I don't think you should have used the eight variables on one factor. I think you should have had one factor for each part of the original variable. So if you drop two of the original variables, you would be left with two factors with two indicators which is a weak model given that identification is not possible without borrowing from other parts of the model.

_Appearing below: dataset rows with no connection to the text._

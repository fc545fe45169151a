-- ===== src/Words/Bits.antt =====
-- `leading_zeros` and `trailing_zeros` of a word of `w` bits.
use native.Mathlib.Nat.{pow-le-pow_right}
use fry_chain.Prelude.{ℕ, zero, suc, ◌-◌, ◌/◌, ◌%◌, ◌^◌, ◌<◌, ◌≤◌, arith, leb, ◌==◌, if◌then◌else◌}

unfoldable pub leading_zeros : ℕ → ℕ → ℕ
leading_zeros zero x = 0
leading_zeros (suc w) x = if leb (2 ^ w) x then 0 else suc (leading_zeros w x)

unfoldable pub trailing_zeros : ℕ → ℕ → ℕ
trailing_zeros zero x = 0
trailing_zeros (suc w) x = if x % 2 == 0 then suc (trailing_zeros w (x / 2)) else 0

pub leading_zeros-le : (w x : ℕ) → leading_zeros w x ≤ w
unfolding leading_zeros
leading_zeros-le zero x = omega arith
leading_zeros-le (suc w) x = ground (arith, leading_zeros-le w x)

pub two_pow_mono : (i j : ℕ) → i ≤ j → 2 ^ i ≤ 2 ^ j
two_pow_mono i j h = pow-le-pow_right (omega arith) h

-- A word below `2 ^ k` has at least `w - k` leading zeros, and one from `2 ^ k` on fewer.
pub leading_zeros_small : (w k x : ℕ) → x < 2 ^ k → w - k ≤ leading_zeros w x
unfolding leading_zeros
leading_zeros_small zero k x h = omega arith
leading_zeros_small (suc w) k x h = ground (arith, leading_zeros_small w k x h, two_pow_mono k w)

pub leading_zeros_large : (w k x : ℕ) → 2 ^ k ≤ x → k < w → leading_zeros w x < w - k
unfolding leading_zeros
leading_zeros_large zero k x h l = absurd (omega arith)
leading_zeros_large (suc w) k x h l = ground (arith, leading_zeros_large w k x h, two_pow_mono w k)
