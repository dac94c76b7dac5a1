-- ===== src/Canary/Machine/Wire.antt =====
-- The bytes of the SYN|ACK that `send` makes, as a parser reads them.
use dynamic_labyrinth.Base.{
  ℕ, ◌+◌, ◌*◌, ◌/◌, ◌%◌, ◌<◌, ◌≡◌, true, false, none, List, [], ◌∷◌, drop, length, ok, refl, arith,
  Bool-cases, inl, inr, ltb, Bool, if◌then◌else◌,
}
use dynamic_labyrinth.Base.Bytes.{put_u16}
use dynamic_labyrinth.Packet.Checksum.{Quad, update_tcp_checksum, update_ip_checksum}
use dynamic_labyrinth.Packet.Ipv4
use dynamic_labyrinth.Packet.Ipv4.{Platform, linux, freebsd, darwin, dragonfly, netbsd}
use dynamic_labyrinth.Packet.Tcp
use dynamic_labyrinth.Packet.Tcp.{Header, syn, ack, rst, fin, psh, has_flag}
use dynamic_labyrinth.Canary.Types.{State}
use dynamic_labyrinth.Canary.Send.{tcp_header, ip_header, quad_of, ip_packet}
use dynamic_labyrinth.Canary.Send.Frame.{IsV4}

-- A word has two bytes, in whatever order.
two_bytes :
    (little : Bool) (n : ℕ)
    → (a : ℕ) × (b : ℕ) × ((if little then (n % 256) ∷ (n / 256 % 256) ∷ [] else put_u16 n)
        ≡ a ∷ b ∷ [])
two_bytes true n = (_, _, refl)
two_bytes false n = (_, _, refl)

put_word-two :
    (p : Platform) (g : Ipv4.Goos) (n : ℕ) → (a : ℕ) × (b : ℕ) × (Ipv4.put_word p g n ≡ a ∷ b ∷ [])
unfolding Ipv4.put_word
put_word-two p linux n = (_, _, refl)
put_word-two p freebsd n = elim (Bool-cases (ltb p.freebsd_version 1100000)) [
  | inl e ↦ rw e (two_bytes p.little_endian n)
  | inr e ↦ rw e (_, _, refl)
]
put_word-two p darwin n = two_bytes p.little_endian n
put_word-two p dragonfly n = two_bytes p.little_endian n
put_word-two p netbsd n = two_bytes p.little_endian n

-- The segment in a packet is the one with that State's numbers.
pub packet_segment :
    (platform : Platform) (s : State)
    → IsV4 s
    → (packet : List ℕ) × (src : Quad) × (dst : Quad) × (ip_packet platform s [] 18 ≡ ok packet)
      × (drop 20 packet ≡ update_tcp_checksum (Tcp.marshal (tcp_header s [] 18)).0 src dst)
unfolding ip_packet Ipv4.marshal quad_of ip_header update_ip_checksum
packet_segment platform s v =
    let n = 20 + length (Tcp.marshal (tcp_header s [] 18)).0 in
    let (a, b, e) = put_word-two platform platform.goos n in
    let (c, d, f) = put_word-two platform platform.goos 0 in
    rw (v.src, v.dest, e, f)
      (
        _,
        record { a = v.e; b = v.f; c = v.g; d = v.h },
        record { a = v.a; b = v.b; c = v.c; d = v.d },
        refl,
        refl,
      )

-- What a header says of a State that sends SYN|ACK.
pub record Says (s : State) (r : Header) : Type 0 where
  pub flags : r.ctrl ≡ 18
  pub source : r.source ≡ s.dest_port
  pub destination : r.destination ≡ s.src_port
  pub seq_num : r.seq_num ≡ s.send_next
  pub ack_num : r.ack_num ≡ s.recv_next
  pub payload : r.payload ≡ []

be_u32-put_u32 :
    (v : ℕ)
    → v < 4294967296
    → v / 16777216 % 256 * 16777216 + v / 65536 % 256 * 65536 + v / 256 % 256 * 256 + v % 256 ≡ v
be_u32-put_u32 v h = omega arith

pub read_segment :
    (s : State) (src dst : Quad)
    → s.dest_port < 65536
    → s.src_port < 65536
    → s.send_next < 4294967296
    → s.recv_next < 4294967296
    → (r : Header) × (Tcp.unmarshal Tcp.blank
          (update_tcp_checksum (Tcp.marshal (tcp_header s [] 18)).0 src dst)
        ≡ ok (r, none))
      × Says s r
unfolding Tcp.unmarshal Tcp.read_fixed Tcp.read_rest Tcp.read_options update_tcp_checksum
    Tcp.marshal tcp_header Tcp.option_length Tcp.write_options
read_segment s src dst a b c d = (
  _,
  refl,
  record {
    flags = refl;
    source = omega arith;
    destination = omega arith;
    seq_num = be_u32-put_u32 s.send_next c;
    ack_num = be_u32-put_u32 s.recv_next d;
    payload = refl;
  },
)
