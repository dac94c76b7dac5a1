-- ===== src/Canary/Machine/Handshake.antt =====
-- A SYN in LISTEN is answered.
use dynamic_labyrinth.Base.{ℕ, ◌+◌, ◌≡◌, true, some, List, [], ◌∷◌, ok, refl}
use dynamic_labyrinth.Packet.Checksum.{u32}
use dynamic_labyrinth.Packet.Ipv4.{Platform}
use dynamic_labyrinth.Packet.Tcp.{Header, syn, has_flag}
use dynamic_labyrinth.Canary.Types.{
  listen, syn_received, same_state, State, Env, ArpEntry, Interface,
}
use dynamic_labyrinth.Canary.Send.{next_hop, ip_packet}
use dynamic_labyrinth.Canary.Send.Frame.{IsV4, sent, send-ok}
use dynamic_labyrinth.Canary.Machine.{after_send, transmit, on_listen, segment_flow, handle_segment}

-- The State as `handleTCP` prepares it for the answer to a SYN.
abbrev pub begun : Header → ℕ → State → State
begun hdr now s = record s {
  t = now;
  send_unacknowledged = s.initial_send_sequence_number;
  send_next = u32 (s.initial_send_sequence_number + 1);
  recv_next = u32 (hdr.seq_num + 1);
}

pub begun-IsV4 : (hdr : Header) (now : ℕ) (s : State) → IsV4 s → IsV4 (begun hdr now s)
begun-IsV4 hdr now s v = record {
  a = v.a;
  b = v.b;
  c = v.c;
  d = v.d;
  src = v.src;
  e = v.e;
  f = v.f;
  g = v.g;
  h = v.h;
  dest = v.dest;
}

-- In LISTEN, between IPv4 addresses, with a next hop and an interface, a SYN is answered by one frame
-- with SYN|ACK and nothing else; the State goes to SYN-RECEIVED, expects the number behind the
-- SYN, and has counted its own sequence number up by two.
pub handle_segment-opens :
    (platform : Platform) (env : Env) (hdr : Header) (now : ℕ) (s : State) (ae : ArpEntry)
    (i : Interface) (is : List Interface)
    → s.state ≡ listen
    → has_flag hdr syn ≡ true
    → IsV4 s
    → next_hop env s.src_ip ≡ some ae
    → env.interfaces ≡ i ∷ is
    → (packet : List ℕ) × (ip_packet platform (begun hdr now s) [] 18 ≡ ok packet)
      × (handle_segment platform env hdr now s
          ≡ ok (record {
            state = record (begun hdr now s) {
              id = u32 (s.id + 1);
              send_next = u32 (u32 (s.initial_send_sequence_number + 1) + 1);
              state = syn_received;
            };
            effects = sent env i ae packet;
          }))
unfolding handle_segment segment_flow on_listen transmit after_send
handle_segment-opens platform env hdr now s ae i is l f v hop ifs =
    let v' = begun-IsV4 hdr now s v in
    let (packet, e, k) = send-ok platform env (begun hdr now s) [] 18 ae i is v' hop ifs in
    let in_listen : same_state s.state listen ≡ true = rw l refl in
    (packet, e, rw (in_listen, f, k) refl)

I want to create “problem alcohol use” factor scores from 3 indicators: frequency (alfreq; 13% 0s, 0-24, a sum of 4 vars ranging from 0=never to 7=every day), dependence symptoms (aldep; count 1-7, 73% 0s), and social consequences (alsoc; count 1-7, 71% 0s). I'm also creating factor scores for drugs. I will use the scores in later analyses. Model: alc by alfreq* aldep* alsoc*; alc@1; I have tried treating the indicators different ways: 1.continuous: LL= -951, BIC=1948 2.alsoc and aldep as censored: LL= -774, BIC=1594 censored are alsoc (b) aldep (b); 3.all 3 vars treated as censored: LL= -748, BIC=1542 4.alsoc and aldep treated as NON-inflated count vars, alfreq censored: LL= -728, BIC=1491 count are alsoc aldep; censored is alfreq (b); 5.alsoc and aldep as inflated count vars, alfreq as censored: LL= -726, BIC=1498, out of range mean for alsoc#1 count are alsoc (i) aldep (i); censored is alfreq (b) ; It seems #4 is the best way to create the factor scores (#4 also gave lowest LL & BIC for the drug factor scores). My questions are: 1.Is it OK to treat alsoc and aldep as count variables WITHOUT inflation? 2.Are the factor scores interpreted as continuous? A histogram looks abnormal, but skewness and kurtosis are normal. 3.Is it OK to treat alfreq as a censored variable?

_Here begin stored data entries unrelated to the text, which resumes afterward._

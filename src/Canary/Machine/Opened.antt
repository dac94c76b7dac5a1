-- ===== src/Canary/Machine/Opened.antt =====
-- The two segments by which a client opens a connection, and the bytes that are sent between them.
use dynamic_labyrinth.Base.{
  ℕ, ◌+◌, ◌<◌, ◌≡◌, ◌∙◌, true, false, none, some, List, [], ◌∷◌, drop, ok, refl, arith, ap, leb,
  ◌≤◌, ◌>>=◌,
}
use dynamic_labyrinth.Packet.Checksum.{u32}
use dynamic_labyrinth.Packet.Ipv4.{Platform}
use dynamic_labyrinth.Packet.Tcp
use dynamic_labyrinth.Packet.Tcp.{Header, syn, ack, rst, fin, psh, has_flag}
use dynamic_labyrinth.Canary.Types.{
  listen, syn_received, established, State, Env, ArpEntry, Interface,
}
use dynamic_labyrinth.Canary.Send.{next_hop, serve, socket_write}
use dynamic_labyrinth.Canary.Send.Frame.{IsV4, sent}
use dynamic_labyrinth.Canary.Machine.{
  Proc, emit, enter, finish, advance_recv, handle_segment, segment_flow, on_listen, on_rst, on_syn,
  on_acked, on_closing, on_handshake, on_ack, on_data, on_knock, on_fin,
}
use dynamic_labyrinth.Canary.Machine.Wire.{packet_segment, read_segment}
use dynamic_labyrinth.Canary.Machine.Handshake.{begun, begun-IsV4, handle_segment-opens}

-- A reply with ACK and neither SYN, RST nor FIN, and without data, which acknowledges what the other end of the
-- connection sent.
pub record Acknowledges (sent_segment reply : Header) : Type 0 where
  pub has_ack : has_flag reply ack ≡ true
  pub no_syn : has_flag reply syn ≡ false
  pub no_rst : has_flag reply rst ≡ false
  pub no_fin : has_flag reply fin ≡ false
  pub no_psh : has_flag reply psh ≡ false
  pub payload : reply.payload ≡ []
  pub ack_num : reply.ack_num ≡ sent_segment.seq_num + 1

module _ (platform : Platform) (env : Env) (r reply : Header) (a : Acknowledges r reply) where
  -- A State through every part of the function, each of which leaves it or goes on with the next.
  run_through :
      (p q q' q'' : Proc)
      → on_listen platform env reply p ≡ ok p
      → on_closing platform env reply p ≡ ok p
      → on_handshake platform env reply p ≡ ok q
      → on_ack platform env reply q ≡ ok q'
      → on_data platform env reply q' ≡ ok q''
      → finish (
          on_listen platform env reply p
          >>= on_rst platform env reply
          >>= on_syn platform env reply
          >>= on_acked platform env reply)
        ≡ ok q''
  unfolding on_acked on_rst on_syn on_knock on_fin
  run_through p q q' q'' listened closing shaken acked taken =
      rw
        (listened, a.no_rst, a.no_syn, a.has_ack, closing, shaken, acked, taken, a.no_syn, a.no_fin)
        refl

  -- In ESTABLISHED, without data.
  on_data-empty :
      (p : Proc)
      → p.state.state ≡ established
      → on_data platform env reply p ≡ ok (advance_recv (emit p (socket_write [])) 0)
  unfolding on_data
  on_data-empty p e = rw (a.no_psh, e, a.payload) refl

  -- In SYN-RECEIVED an acknowledgement of a number from SND.UNA to SND.NXT establishes the connection.
  establishes :
      (now : ℕ) (s : State)
      → s.state ≡ syn_received
      → s.send_unacknowledged ≤ r.seq_num + 1
      → r.seq_num + 1 ≤ s.send_next
      → (p : Proc) × (handle_segment platform env reply now s ≡ ok p)
        × (p.state.state ≡ established)
        × (p.state.send_unacknowledged ≡ r.seq_num + 1)
        × (p.effects ≡ serve reply.destination ∷ socket_write [] ∷ [])
  unfolding handle_segment segment_flow on_listen on_closing on_handshake on_ack
  establishes now s st low high =
      let from : leb s.send_unacknowledged reply.ack_num ≡ true = ground (arith, a.ack_num) in
      let to : leb reply.ack_num s.send_next ≡ true = ground (arith, a.ack_num) in
      let p : Proc = record { state = record s { t = now }; effects = [] } in
      let q : Proc = emit (enter p established) (serve reply.destination) in
      let q' : Proc = record q { state = record q.state { send_unacknowledged = reply.ack_num } } in
      let q'' : Proc = advance_recv (emit q' (socket_write [])) 0 in
      (
        q'',
        run_through p q q' q'' (rw st refl) (rw st refl) (rw (st, from, to) refl)
            (rw (from, to) refl) (on_data-empty q' refl),
        refl,
        a.ack_num,
        refl,
      )

-- What a SYN|ACK says to the client: the ports exchanged, and the number behind its SYN acknowledged.
pub record IsAnswer (s : State) (opening answer : Header) : Type 0 where
  pub flags : answer.ctrl ≡ syn + ack
  pub source : answer.source ≡ s.dest_port
  pub destination : answer.destination ≡ s.src_port
  pub ack_num : answer.ack_num ≡ u32 (opening.seq_num + 1)
  pub payload : answer.payload ≡ []

-- The segment with which a client completes the handshake, by what it has read.
abbrev pub reply_to : Header → Header
reply_to answer = record Tcp.blank {
  source = answer.destination;
  destination = answer.source;
  seq_num = answer.ack_num;
  ack_num = u32 (answer.seq_num + 1);
  ctrl = ack;
}

reply_to-Acknowledges :
    (answer : Header) → answer.seq_num + 1 < 4294967296 → Acknowledges answer (reply_to answer)
unfolding has_flag
reply_to-Acknowledges answer h = record {
  has_ack = refl;
  no_syn = refl;
  no_rst = refl;
  no_fin = refl;
  no_psh = refl;
  payload = refl;
  ack_num = omega arith;
}

-- How a connection opens: the first segment is answered by one frame, and the reply to what stands in it establishes
-- the connection, to the port of the State.
pub record Opens (platform : Platform) (env : Env) (ae : ArpEntry) (i : Interface)
    (opening : Header) (now later : ℕ) (s : State) : Type 0 where
  pub first : Proc
  pub packet : List ℕ
  pub answer : Header
  pub second : Proc
  pub answered : handle_segment platform env opening now s ≡ ok first
  pub framed : first.effects ≡ sent env i ae packet
  pub read : Tcp.unmarshal Tcp.blank (drop 20 packet) ≡ ok (answer, none)
  pub answers : IsAnswer s opening answer
  pub completed : handle_segment platform env (reply_to answer) later first.state ≡ ok second
  pub is_established : second.state.state ≡ established
  pub effects : second.effects ≡ serve s.dest_port ∷ socket_write [] ∷ []

-- In LISTEN, between IPv4 addresses, with a next hop and an interface, with ports of 16 bits and an initial sequence
-- number at least three below 2 ^ 32, a SYN is answered by one frame and nothing else; the bytes of the segment in
-- it are parsed as a SYN|ACK between the same ports that acknowledges the SYN; and a client's ACK of the number that
-- it reads there brings the State to ESTABLISHED and starts the service of the port.
pub handle_segment-Opens :
    (platform : Platform) (env : Env) (hdr : Header) (now later : ℕ) (s : State) (ae : ArpEntry)
    (i : Interface) (is : List Interface)
    → s.state ≡ listen
    → has_flag hdr syn ≡ true
    → IsV4 s
    → next_hop env s.src_ip ≡ some ae
    → env.interfaces ≡ i ∷ is
    → s.dest_port < 65536
    → s.src_port < 65536
    → s.initial_send_sequence_number + 2 < 4294967296
    → Opens platform env ae i hdr now later s
handle_segment-Opens platform env hdr now later s ae i is l f v hop ifs to from iss =
    let s' = begun hdr now s in
    let v' : IsV4 s' = begun-IsV4 hdr now s v in
    let (packet, e, k) = handle_segment-opens platform env hdr now s ae i is l f v hop ifs in
    let (packet', src, dst, e', inside) = packet_segment platform s' v' in
    let same : packet ≡ packet' = cc (e, e') in
    let (answer, q, says) = read_segment s' src dst to from (omega arith) (omega arith) in
    let second_seq : answer.seq_num ≡ s.initial_send_sequence_number + 1 =
      says.seq_num ∙ (omega arith) in
    let (second, c, st, una, es) =
      establishes platform env answer (reply_to answer)
        (reply_to-Acknowledges answer (omega (arith, second_seq))) later
        (record s' {
          id = u32 (s.id + 1);
          send_next = u32 (u32 (s.initial_send_sequence_number + 1) + 1);
          state = syn_received;
        })
        refl (omega (arith, second_seq)) (omega (arith, second_seq)) in
    record {
      first = _;
      packet = packet;
      answer = answer;
      second = second;
      answered = k;
      framed = refl;
      read =
          ap (λ b. Tcp.unmarshal Tcp.blank (drop 20 b)) same
          ∙ ap (Tcp.unmarshal Tcp.blank) inside
          ∙ q;
      answers = record {
        flags = says.flags;
        source = says.source;
        destination = says.destination;
        ack_num = says.ack_num;
        payload = says.payload;
      };
      completed = c;
      is_established = st;
      effects = es ∙ ap (λ n. serve n ∷ socket_write [] ∷ []) says.source;
    }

Thanks for your help! Unfortunately, the negative binomial model gives error messages: : THE STANDARD ERRORS OF THE MODEL PARAMETER ESTIMATES MAY NOT BE TRUSTWORTHY FOR SOME PARAMETERS DUE TO A NON-POSITIVE DEFINITE FIRST-ORDER DERIVATIVE PRODUCT MATRIX. THIS MAY BE DUE TO THE STARTING VALUES BUT MAY ALSO BE AN INDICATION OF MODEL NONIDENTIFICATION. THE CONDITION NUMBER IS -0.811D-17. PROBLEM INVOLVING PARAMETER 1.
ONE OR MORE PARAMETERS WERE FIXED TO AVOID SINGULARITY OF THE INFORMATION MATRIX. THE SINGULARITY IS MOST LIKELY DUE TO THE MODEL IS NOT IDENTIFIED, OR DUE TO A LARGE OR A SMALL PARAMETERON THE LOGIT SCALE. THE FOLLOWING PARAMETERS WERE FIXED: 4
Paremeter 1 is the observed mean for aldep (nu matrix). Parameter 4 is the loading for aldep. The results (I realize they are not trustworthy) indicate the dispersion parameter for alsoc is non-sig (p= .923).
Negative binomial works for the drug model when treating frequency as continuous (it has 65% 0s). The dispersion parameters are non-significant. If the drugfreq is treated as censored, I get several error messages.
2 Follow-up questions: Are there ways I can get the negative binomial model to run for the alcohol model?
For the drug model, is it OK to treat the frequency variable as continuous, despite the preponderance of zeros? Or should I treat it as censored (it is not a count variable).